J.L. – Je ne suis pas d’accord avec cette affirmation. Je suis l’un de leurs premiers défenseurs, on oublie trop souvent que ce n’est pas Pôle Emploi qui est responsable des destructions d’emploi. Tout comme ils ne sont pas responsables du fait que les entreprises ne diffusent pas leurs offres sur leur plate-forme et ne rendent pas le marché transparent. Il ne faut pas oublier que la première mission de Pôle Emploi, c’est de faire passer les gens en situation d’employabilité, c’est-à-dire de leur permettre d’avoir l’électricité, l’eau, un toit, et l’accès à certaines ressources. Ce n’est pas de vous trouver du boulot, aujourd’hui il y a Monster et les autres pour ça. Après, la vraie évolution dans le secteur du recrutement, c’est qu’aujourd’hui un seul acteur ne peut pas résoudre tous les problèmes, il faut que tous les acteurs se rassemblent. C’est ce qu’essaye de faire Pôle Emploi avec l’Emploi Store qui est un début de solution, et en connectant plein de sites de recrutements (Monkey Tie échange par exemple ses offres avec Pôle Emploi).
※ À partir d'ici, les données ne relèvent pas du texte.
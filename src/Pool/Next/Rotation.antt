-- ===== src/Pool/Next/Rotation.antt =====
-- src/pool/pool.go, `AccountPool.Next`: the order of the visits is a rotation of the ready list.
use mathlib.Core.Path.{ap₂}
use native.Mathlib.Nat.{mod-eq_of_lt, mod-lt}
use Prim.Native.Nat.add
use business2api.Base.{
  ℕ, zero, suc, ◌+◌, ◌-◌, ◌%◌, ◌≤◌, ◌<◌, ◌≡◌, refl, ap, ◌∙◌, List, [], ◌∷◌, ◌++◌, none, some, arith,
  length, get_elem?, take, drop, take-eq_self, length-drop,
}
use business2api.Pool.State.{uint64}
use business2api.Pool.Next.{visits_from, visits}

-- `k` elements from position `j` on.
slice : List ℕ → ℕ → ℕ → List ℕ
slice xs j zero = []
slice xs j (suc k) = elim (get_elem? xs j) [ none ↦ [] | some x ↦ x ∷ slice xs (suc j) k ]

slice-suc : (x : ℕ) (xs : List ℕ) (j k : ℕ) → slice (x ∷ xs) (suc j) k ≡ slice xs j k
unfolding slice
slice-suc x xs j zero = refl
slice-suc x xs j (suc k) = ground (arith, slice-suc x xs (suc j) k)

slice-take : (xs : List ℕ) (j k : ℕ) → j + k ≤ length xs → slice xs j k ≡ take k (drop j xs)
unfolding slice
slice-take [] j zero h = refl
slice-take [] j (suc k) h = absurd (omega arith)
slice-take (x ∷ xs) zero zero h = refl
slice-take (x ∷ xs) zero (suc k) h =
    ap (◌∷◌ x) (slice-suc x xs zero k ∙ slice-take xs zero k (omega arith))
slice-take (x ∷ xs) (suc j) k h = slice-suc x xs j k ∙ slice-take xs j k (omega arith)

pub get_elem?-lt : (xs : List ℕ) (j : ℕ) → j < length xs → (x : ℕ) × (get_elem? xs j ≡ some x)
get_elem?-lt [] j h = elim h [ ]
get_elem?-lt (x ∷ xs) zero h = (x, refl)
get_elem?-lt (x ∷ xs) (suc j) h = get_elem?-lt xs j (omega arith)

-- While the sum of the indices does not wrap and stays in one lap, the visits are a slice.
visits_from-slice :
    (xs : List ℕ) (start j k i : ℕ)
    → j + k ≤ length xs
    → ((m : ℕ) → m < k → (start + (i + m)) % uint64 % length xs ≡ j + m)
    → visits_from xs start k i ≡ slice xs j k
unfolding visits_from slice
visits_from-slice xs start j zero i h e = refl
visits_from-slice xs start j (suc k) i h e =
    let (x, at) = get_elem?-lt xs j (omega arith) in
    let here : (start + i) % uint64 % length xs ≡ j =
      ap (λ t. (start + t) % uint64 % length xs) (omega arith)
      ∙ (e 0 (omega arith) ∙ omega arith) in
    let ih : visits_from xs start k (i + 1) ≡ slice xs (suc j) k =
      visits_from-slice xs start (suc j) k (i + 1) (omega arith) (λ m l.
        ap (λ t. (start + t) % uint64 % length xs) (omega arith)
        ∙ (e (suc m) (omega arith) ∙ omega arith)) in
    rw (here, at, visits_from) (rw (at, slice) (ap (◌∷◌ x) ih))

visits_from-append :
    (xs : List ℕ) (start k l i : ℕ)
    → visits_from xs start (k + l) i ≡ visits_from xs start k i ++ visits_from xs start l (i + k)
unfolding visits_from
visits_from-append xs start zero l i = ap₂ (visits_from xs start) (omega arith) (omega arith)
visits_from-append xs start (suc k) l i =
    rw (add.suc k l)
      (ground (arith, visits_from-append xs start k l (i + 1), ap (visits_from xs start l) shift))
  where
    shift : i + 1 + k ≡ i + suc k
    shift = omega arith

mod_before : (s n m : ℕ) → 0 < n → s % n + m < n → s + m < uint64 → (s + m) % uint64 % n ≡ s % n + m
mod_before s n m pos h b = rw (mod-eq_of_lt b) (grind arith)

mod_after :
    (s n m : ℕ)
    → 0 < n
    → m < s % n
    → s + (n - s % n + m) < uint64
    → (s + (n - s % n + m)) % uint64 % n ≡ m
mod_after s n m pos h b = rw (mod-eq_of_lt b) (grind arith)

module _ (xs : List ℕ) (start : ℕ) (pos : 0 < length xs) (small : start + length xs ≤ uint64) where
  abbrev offset : ℕ
  offset = start % length xs

  offset-lt : offset < length xs
  offset-lt = mod-lt start pos

  first_lap : visits_from xs start (length xs - offset) 0 ≡ drop offset xs
  first_lap =
      visits_from-slice xs start offset (length xs - offset) 0 (omega (arith, offset-lt)) (λ m l.
        ap (λ i. (start + i) % uint64 % length xs) (omega arith)
        ∙ mod_before start (length xs) m pos (omega (arith, offset-lt)) (omega (arith, offset-lt)))
      ∙ (slice-take xs offset (length xs - offset) (omega (arith, offset-lt))
          ∙ take-eq_self (length xs - offset) (drop offset xs)
              (omega (arith, length-drop offset xs)))

  second_lap : visits_from xs start offset (length xs - offset) ≡ take offset xs
  second_lap =
      visits_from-slice xs start 0 offset (length xs - offset) (omega (arith, offset-lt))
        (λ m l. mod_after start (length xs) m pos l (omega (arith, offset-lt)) ∙ omega arith)
      ∙ slice-take xs 0 offset (omega (arith, offset-lt))

  -- Where the index and the number of ready accounts stay below the wrap-around, the round visits
  -- every ready account once: those from the index on, modulo their number, then those before it.
  pub visits-drop-take :
      visits xs start ≡ drop (start % length xs) xs ++ take (start % length xs) xs
  unfolding visits
  visits-drop-take =
      ap (λ k. visits_from xs start k 0) (omega (arith, offset-lt))
      ∙ (visits_from-append xs start (length xs - offset) offset 0
          ∙ ap₂ (◌++◌) first_lap (ap (visits_from xs start offset) (omega arith) ∙ second_lap))
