-- ===== src/Api/Chat/Throttled.antt =====
-- src/main.go, `streamChat`: an upstream that answers every chat with the status 429.
use native.Mathlib.Nat.{mod-lt}
use business2api.Base.{
  ℕ, zero, suc, ◌+◌, ◌%◌, ◌≡◌, refl, Bool, true, false, List, [], ◌∷◌, Option, none, some, arith,
  null, length,
}
use business2api.Text.{Text}
use business2api.Pool.Account.{Account, Settings, check_and_update_daily_count, mark_used}
use business2api.Pool.State.{AccountPool, uint64}
use business2api.Pool.Next.{
  Scan, found, ended, scan, older, exceeded_daily, touch, visits_from, visits, hand_out, finish,
  next,
}
use business2api.Pool.Next.Rotation.{get_elem?-lt}
use business2api.Pool.Queues.{mark_used_in}
use business2api.Pool.Jwt.{get_jwt}
use business2api.Api.Chat.Session.{created, create_session}
use business2api.Api.Chat.{
  Turn, uncounted, Failure, on_status, on_reply, on_uploads, on_session, on_token, on_account,
  round, chat_loop, stream_chat, no_failure, query_of,
}
use business2api.Api.Chat.Replies.{Upstream, replied, upload_all}

visits-solid :
    (xs : List ℕ) (start : ℕ)
    → null xs ≡ false
    → (p : ℕ) × (ps : List ℕ) × (visits xs start ≡ p ∷ ps)
unfolding visits visits_from
visits-solid [] start h = cc
visits-solid (x ∷ xs) start h =
    let (p, at) =
      get_elem?-lt (x ∷ xs) ((start + 0) % uint64 % length (x ∷ xs)) (mod-lt _ (omega arith)) in
    (p, visits_from (x ∷ xs) start (length xs) 1, rw (at, visits_from) refl)

-- The scan has an account to hand out.
abbrev picks : Scan → Bool
picks (found p) = true
picks (ended (some p) false) = true
picks _ = false

-- There are ready accounts, and every account has a token.
pub record IsServing (pool : AccountPool) : Type 0 where
  pub solid : null pool.ready_accounts ≡ false
  pub tokens : (p : ℕ) → null (pool.heap p).jwt ≡ false

module _ (s : Settings) (unlimited : s.daily_limit ≡ 0) where
  exceeded_daily-unlimited : (now : ℕ) (acc : Account) → exceeded_daily s now acc ≡ false
  unfolding exceeded_daily
  exceeded_daily-unlimited now acc = rw unlimited refl

  scan-later :
      (now : ℕ) (heap : ℕ → Account) (ps : List ℕ) (b : ℕ)
      → picks (scan s now heap ps (some b) false) ≡ true
  unfolding scan older
  scan-later now heap [] b = refl
  scan-later now heap (p ∷ ps) b = ground (
    arith,
    exceeded_daily-unlimited now (heap p),
    scan-later now heap ps b,
    scan-later now heap ps p,
  )

  scan-picks :
      (now : ℕ) (heap : ℕ → Account) (p : ℕ) (ps : List ℕ)
      → picks (scan s now heap (p ∷ ps) none true) ≡ true
  unfolding scan older
  scan-picks now heap p ps =
      ground (arith, exceeded_daily-unlimited now (heap p), scan-later now heap ps p)

  -- An account is handed out, and the pool goes on serving.
  abbrev Chooses : AccountPool × Option ℕ → Type 0
  Chooses r = (p : ℕ) × (r.1 ≡ some p) × IsServing r.0

  hand_out-IsServing :
      (now later : ℕ) (pool : AccountPool) (p : ℕ)
      → IsServing pool
      → IsServing (hand_out s now later pool p)
  unfolding hand_out touch check_and_update_daily_count
  hand_out-IsServing now later pool p h = record {
    solid = h.solid;
    tokens = λ q. ground (arith, h.tokens q, h.tokens p);
  }

  finish-Chooses :
      (now later : ℕ) (pool : AccountPool) (r : Scan)
      → picks r ≡ true
      → IsServing pool
      → Chooses (finish s now later pool r)
  unfolding finish
  finish-Chooses now later pool (found p) e h = (p, refl, hand_out-IsServing now later pool p h)
  finish-Chooses now later pool (ended (some p) false) e h =
      (p, refl, hand_out-IsServing now later pool p h)
  finish-Chooses now later pool (ended (some p) true) e h = cc
  finish-Chooses now later pool (ended none false) e h = cc
  finish-Chooses now later pool (ended none true) e h = cc

  next-Chooses :
      (now later : ℕ) (pool : AccountPool) → IsServing pool → Chooses (next s now later pool)
  unfolding next
  next-Chooses now later pool h =
      let (p, ps, at) = visits-solid pool.ready_accounts pool.index h.solid in
      rw (h.solid, next)
        (finish-Chooses now later _ _ (rw at (scan-picks now pool.heap p ps))
          (record { solid = h.solid; tokens = h.tokens }))

  -- Sessions are made, and every chat is refused with 429.
  pub record IsThrottling (u : Upstream) : Type 0 where
    pub session : Text
    pub makes : create_session u.session ≡ created session
    pub body : Text → Text
    pub refuses : (text : Text) → u.chat text [] ≡ replied 429 (body text)

  abbrev GoesOn : AccountPool × Turn → Type 0
  GoesOn r = (last : Failure) × (r.1 ≡ uncounted last) × IsServing r.0

  on_status-GoesOn :
      (u : Upstream) (body : Text) (failure : Failure) (p : ℕ) (pool : AccountPool)
      → IsServing pool
      → GoesOn (on_status s u 429 body failure p pool)
  unfolding on_status mark_used_in mark_used
  on_status-GoesOn u body failure p pool h =
      (_, refl, record { solid = h.solid; tokens = λ q. ground (arith, h.tokens q, h.tokens p) })

  on_account-GoesOn :
      (u : Upstream) (text : Text) (failure : Failure) (p : ℕ) (pool : AccountPool)
      → IsThrottling u
      → IsServing pool
      → GoesOn (on_account s u (pool, some p) text [] failure)
  unfolding on_account get_jwt on_token on_session upload_all on_uploads on_reply
  on_account-GoesOn u text failure p pool t h = rw (h.tokens p) (
      rw (t.makes) (
        rw (t.refuses (query_of text))
          (on_status-GoesOn u (t.body (query_of text)) failure p pool h)))

  round-GoesOn :
      (u : Upstream) (text : Text) (failure : Failure) (pool : AccountPool)
      → IsThrottling u
      → IsServing pool
      → GoesOn (round s u text [] failure pool)
  unfolding round
  round-GoesOn u text failure pool t h =
      let r = next s u.now u.later pool in
      let (p, at, serves) = next-Chooses u.now u.later pool h in
      rw (at, on_account) (on_account-GoesOn u text failure p r.0 t serves)

  chat_loop-none :
      (us : ℕ → Upstream) (text : Text) (fuel left i : ℕ) (failure : Failure) (pool : AccountPool)
      → ((j : ℕ) → IsThrottling (us j))
      → IsServing pool
      → chat_loop s us text [] fuel (suc left) i failure pool ≡ none
  unfolding chat_loop
  chat_loop-none us text zero left i failure pool t h = refl
  chat_loop-none us text (suc fuel) left i failure pool t h =
      let r = round s (us i) text [] failure pool in
      let (last, at, serves) = round-GoesOn (us i) text failure pool (t i) h in
      rw (at, chat_loop) (chat_loop-none us text fuel left (i + 1) last r.0 t serves)

  -- Without a daily limit, a chat without media that the upstream always refuses with the status 429
  -- is tried again for ever, if some account is ready and the accounts have tokens: no fuel is enough.
  pub stream_chat-none :
      (us : ℕ → Upstream) (fuel : ℕ) (text : Text) (pool : AccountPool)
      → ((j : ℕ) → IsThrottling (us j))
      → IsServing pool
      → stream_chat s us fuel text [] pool ≡ none
  unfolding stream_chat
  stream_chat-none us fuel text pool t h = chat_loop-none us text fuel 2 0 no_failure pool t h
À un certain point, il faut aussi laisser les start-ups prendre le relais pour trouver des solutions et répondre aux besoins des gens.
LPA – Comment se place la France au niveau européen en matière d’écosystème de start-up de recrutement ?
J.L. – C’est délicat de comparer, car si on prend l’Allemagne par exemple il y a très peu de chômage, mais il y a des gens qui gagnent un demi-Smic et sont en situation de précarité. En Angleterre on est quasiment en plein emploi. Mais on constate en effet une véritable effervescence chez nous, il y a entre 300 et 400 start-ups en France qui travaillent sur les ressources humaines ou l’emploi. On estime que c’est environ deux fois plus qu’il y a cinq ans. C’est un secteur qui monte très fort et d’autant plus qu’en France, nous avons deux gros atouts : une vraie capacité d’innovation et un terreau social historiquement très fort. L’innovation sociale, celle qui arrive à prendre l’humain en compte, est notre meilleur atout pour trouver des solutions pour l’emploi.